Lenders often review two to three years of work history. There can be a huge range of employment situations, and your lender can clarify you based on what is acceptable.
6. The DTI
The debt-to-income ratio, which is also called DTI, makes for a pivotal factor. Before approving you for a loan, the lenders are often interested to know your existing debts. Based on your income, they make a judgment on your capacity of keeping up with all the loan payments.
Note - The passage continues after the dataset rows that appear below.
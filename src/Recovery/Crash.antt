-- ===== src/Recovery/Crash.antt =====
-- A crash of the server, or of the child that writes a snapshot, while src/snapshot.rs dumps.
use lloogg.Prelude.{
  ℕ, ◌+◌, ◌^◌, ◌≤◌, ◌<◌, ◌≡◌, sym, inl, inr, none, some, List, ◌++◌, append_assoc, length, take,
  subst,
}
use lloogg.Error.{ok}
use lloogg.Files.{read}
use lloogg.Ring.{RingBuffer}
use lloogg.HashMap.{HashMap}
use lloogg.Store.{Store, len}
use lloogg.Store.Spec.{no_logs}
use lloogg.Store.View.{IsValid, HasLogs, view}
use lloogg.Store.Open.{IsCapacity}
use lloogg.Aof.{AofWriter, Writes, flush_once}
use lloogg.Aof.Entry.{Entry}
use lloogg.Aof.Log.{IsComplete}
use lloogg.Snapshot.{dump_bytes}
use lloogg.Snapshot.Keys.{IsIteration}
use lloogg.Snapshot.Disk.{Directory, Disk, affected, reading, dump_to_path}
use lloogg.Snapshot.Atomic.{dump_to_path-IsAtomic}
use lloogg.Recovery.{recover}
use lloogg.Recovery.Service.{IsRecorded}
use lloogg.Recovery.Snapshots.{AreCovered, AreBehind, snapshot_restart_lem}

-- A snapshot of the store `s`, which was dumped in the order `order` at the time `ts`, when the entries
-- `es` were recorded, and the entries `fs` behind it.
pub record IsSnapshot (slots cap : ℕ) (s : Store) (order : HashMap RingBuffer) (ts : ℕ)
    (es fs : List Entry) : Type 0 where
  pub writer : AofWriter
  pub recorded : IsRecorded slots cap es s writer
  pub iteration : IsIteration order s.map_of
  pub covered : AreCovered ts es
  pub behind : AreBehind ts fs
  pub small : len s < 2 ^ 32
  pub word : ts < 2 ^ 64

-- A crash in the middle of a snapshot loses nothing: while the store `mid` is dumped over the snapshot
-- of `old`, the recovery from what a crash leaves of the snapshot after `n` calls, and from the
-- append-only file that a flush has completed, succeeds, and gives a valid store with exactly the logs
-- of the running store. `es` were recorded at the old snapshot, `fs` more at the new one, and `gs` after
-- it; the entries behind a snapshot are later than it. No write of a key fails. The capacity is one
-- that a ring buffer admits, and the new store has no log and a slot for each user of a snapshot and
-- each entry behind it.
pub crash_restart_lem :
    (disk : Disk) (n : ℕ) (d : Directory) (writes : Writes) {slots slots' cap ts ts' : ℕ}
    (es fs gs : List Entry) {old s : Store} (mid : Store) {w : AofWriter}
    {order : HashMap RingBuffer} (order' : HashMap RingBuffer) (fresh : Store)
    → ((i : ℕ) → 4 ≤ i → disk.write i ≡ none)
    → d.bin ≡ some (dump_bytes old order ts)
    → IsSnapshot slots cap old order ts es (fs ++ gs)
    → IsSnapshot slots cap mid order' ts' (es ++ fs) gs
    → IsRecorded slots cap (es ++ (fs ++ gs)) s w
    → IsComplete writes
    → IsCapacity cap
    → HasLogs slots' cap no_logs fresh
    → len fresh + len old + length (fs ++ gs) ≤ slots'
    → len fresh + len mid + length gs ≤ slots'
    → (s' : Store) × (recover
          (reading (affected d (take n (dump_to_path disk mid order' ts').0)).bin)
          (read (flush_once writes w).file)
          fresh
        ≡ some (some (ok s')))
      × IsValid slots' s'
      × (s'.capacity ≡ cap)
      × (view s' ≡ view s)
crash_restart_lem disk n d writes {slots} {cap = cap} {ts} {ts'} es fs gs {s = s} mid {w} {order}
      order' fresh keys held before after now complete c h room room' =
    let again : IsRecorded slots cap ((es ++ fs) ++ gs) s w =
      subst (λ t. IsRecorded slots cap t s w) (sym (append_assoc es fs gs)) now in
    elim (dump_to_path-IsAtomic disk mid order' ts' n d keys).crash [
      | inl old_one ↦
          rw (old_one, held)
            (snapshot_restart_lem writes (fs ++ gs) order ts fresh complete before.recorded now
              before.iteration before.covered before.behind c before.small before.word h room)
      | inr new_one ↦ rw new_one (
          snapshot_restart_lem writes gs order' ts' fresh complete after.recorded again
            after.iteration after.covered after.behind c after.small after.word h room')
    ]
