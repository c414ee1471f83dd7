-- ===== src/Recovery/Shutdown.antt =====
-- The recovery from the file that a shutdown of the server leaves.
use lloogg.Prelude.{
  ℕ, ◌+◌, ◌≤◌, ◌≡◌, ◌≢◌, refl, sym, ap, ap₂, ◌∙◌, some, List, ◌++◌, All-append, length, arith,
  length-append,
}
use lloogg.Constants.{IsCompiledN}
use lloogg.Error.{ok}
use lloogg.Files.{read, not_found}
use lloogg.Store.{Store, len}
use lloogg.Store.Spec.{no_logs}
use lloogg.Store.View.{IsValid, HasLogs, view}
use lloogg.Config.{always}
use lloogg.Aof.{AofWriter, Writes}
use lloogg.Aof.Entry.{Entry, IsEntry, entries_bytes, entries_bytes-append}
use lloogg.Aof.Log.{log, IsComplete}
use lloogg.EventLoop.{EventLoop, Sockets}
use lloogg.EventLoop.Serving.{IsServing}
use lloogg.EventLoop.Process.{IsCapacity-of}
use lloogg.EventLoop.Rounds.{ArePosix}
use lloogg.EventLoop.Tick.{shutdown}
use lloogg.EventLoop.Threads.{Steps, Steps-IsServing}
use lloogg.EventLoop.Changes.{Change, entries_of, IsLogged}
use lloogg.EventLoop.Requests.{changes_of}
use lloogg.Ttl.Worker.{Round}
use lloogg.EventLoop.Ahead.{shutdown-ends, Steps-IsLogged}
use lloogg.Recovery.{recover}
use lloogg.Recovery.Restart.{logs_after, logs_after-append}
use lloogg.Recovery.Service.{IsRecorded, recover-entries_bytes}
use lloogg.Recovery.Changes.{
  logs_by, unevicted, changed-HasLogs, changes_bytes-entries, entries_of-IsEntry,
  logs_after-entries_of,
}

module _ {slots n : ℕ} (c : IsCompiledN n) {es : List Entry} {s : Store} {w : AofWriter}
    (recorded : IsRecorded slots n es s w) where
  -- The recovery from the entries at the start and those of the changes.
  recover-changes :
      {cs : List Change} {room : ℕ} {t : Store} {w' : AofWriter} (logged : IsLogged cs s w t w')
      (fresh : Store)
      → HasLogs room n no_logs fresh
      → len fresh + (length es + length (entries_of cs)) ≤ room
      → (s' : Store) × (recover not_found (read (log w')) fresh ≡ some (some (ok s')))
        × IsValid room s'
        × (view s' ≡ logs_by n (unevicted cs) (view s))
  recover-changes {cs} {w' = w'} logged fresh empty fits =
      let fs = entries_of cs in
      let entries =
        All-append IsEntry es fs recorded.entries (entries_of-IsEntry cs logged.typed) in
      let whole : log w' ≡ entries_bytes (es ++ fs) =
        logged.log_eq
        ∙ ap₂ ◌++◌ recorded.logged (changes_bytes-entries cs)
        ∙ sym (entries_bytes-append es fs) in
      let (s', ran, h') =
        recover-entries_bytes (es ++ fs) fresh entries (IsCapacity-of c) empty
          (omega (arith, length-append es fs, fits)) in
      (
        s',
        rw whole ran,
        h'.valid,
        h'.logs_eq
            ∙ logs_after-append n 0 es fs no_logs
            ∙ ap (logs_after n 0 fs) (sym recorded.store.logs_eq)
            ∙ logs_after-entries_of n cs (view s) logged.typed,
      )

module _ {S : Type 0} {sockets : Sockets S} {slots n : ℕ} (c : IsCompiledN n)
    (posix : ArePosix sockets) {es : List Entry} {l l' : EventLoop S} where
  -- However the event loop, the flush thread and the eviction worker have taken turns up to the shutdown,
  -- the shutdown comes to an end and the next start recovers what the clients asked for: from the file that is left, with no snapshot, the
  -- recovery into a new store succeeds and gives a valid store. The logs of the running store are what
  -- the requests of the steps and the evictions of the candidates that the worker has handed over, in
  -- their order, make of the logs at the start; the recovered ones are what the same requests make
  -- without the evictions. The start is a serving state in step with its log, the file is written by the
  -- flush thread, the sockets keep their promises, the clock reads a positive 64-bit number at each event,
  -- the writes of the flushes are complete, and the new store has a slot for every entry at the start and
  -- for every push and removal since.
  pub recover-shutdown :
      {room : ℕ} (rounds : List Round) (last_round : Round) (last sync : Writes) (fds : List ℕ)
      (fresh : Store)
      → IsServing slots n l
      → IsRecorded slots n es l.store l.aof
      → l.aof.fsync_mode ≢ always
      → (steps : Steps sockets n l l') → IsComplete last
      → IsComplete sync
      → HasLogs room n no_logs fresh
      → len fresh + (length es + length (entries_of (changes_of steps))) ≤ room
      → (end : EventLoop S) × (s' : Store) × (shutdown rounds last_round last sync fds l'
          ≡ some end)
        × (recover not_found (read end.aof.file) fresh ≡ some (some (ok s')))
        × IsValid room s'
        × (view s' ≡ logs_by n (unevicted (changes_of steps)) (view l.store))
        × (view end.store ≡ logs_by n (changes_of steps) (view l.store))
  recover-shutdown rounds last_round last sync fds fresh h recorded mode steps c0 c1 empty fits =
      let logged = Steps-IsLogged c posix h mode steps in
      let (s', ran, valid, view_eq) = recover-changes c recorded logged fresh empty fits in
      let (end, ended, store_eq, file_eq) =
        shutdown-ends rounds last_round last sync fds l' (Steps-IsServing c posix h steps) c0 c1 in
      let running =
        changed-HasLogs (changes_of steps) logged.typed (IsCapacity-of c)
          (record { valid = h.store; capacity = h.capacity; logs_eq = refl }) logged.changed_eq in
      (end, s', ended, rw file_eq ran, valid, view_eq, rw store_eq running.logs_eq)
Though different lenders have different requirements, mostly a DTI of more than 43 percent is discouraged. Therefore, it is advisable to pay off all the big loans beforehand and keep your DTI as low as possible.
7. Credit Score
The credit score tends to be one of the essential key factors in determining your approval of the loan. It also influences the rate of your payment to a large extent. Obtaining your credit scores is reasonably simple. There are numerously many credit card companies that offer such services.
You are required to have a high credit score. Therefore to raise it, pay off the balance (if any). Other than this, avoid taking any new loans, opening accounts or engaging in any activity that will require a credit check.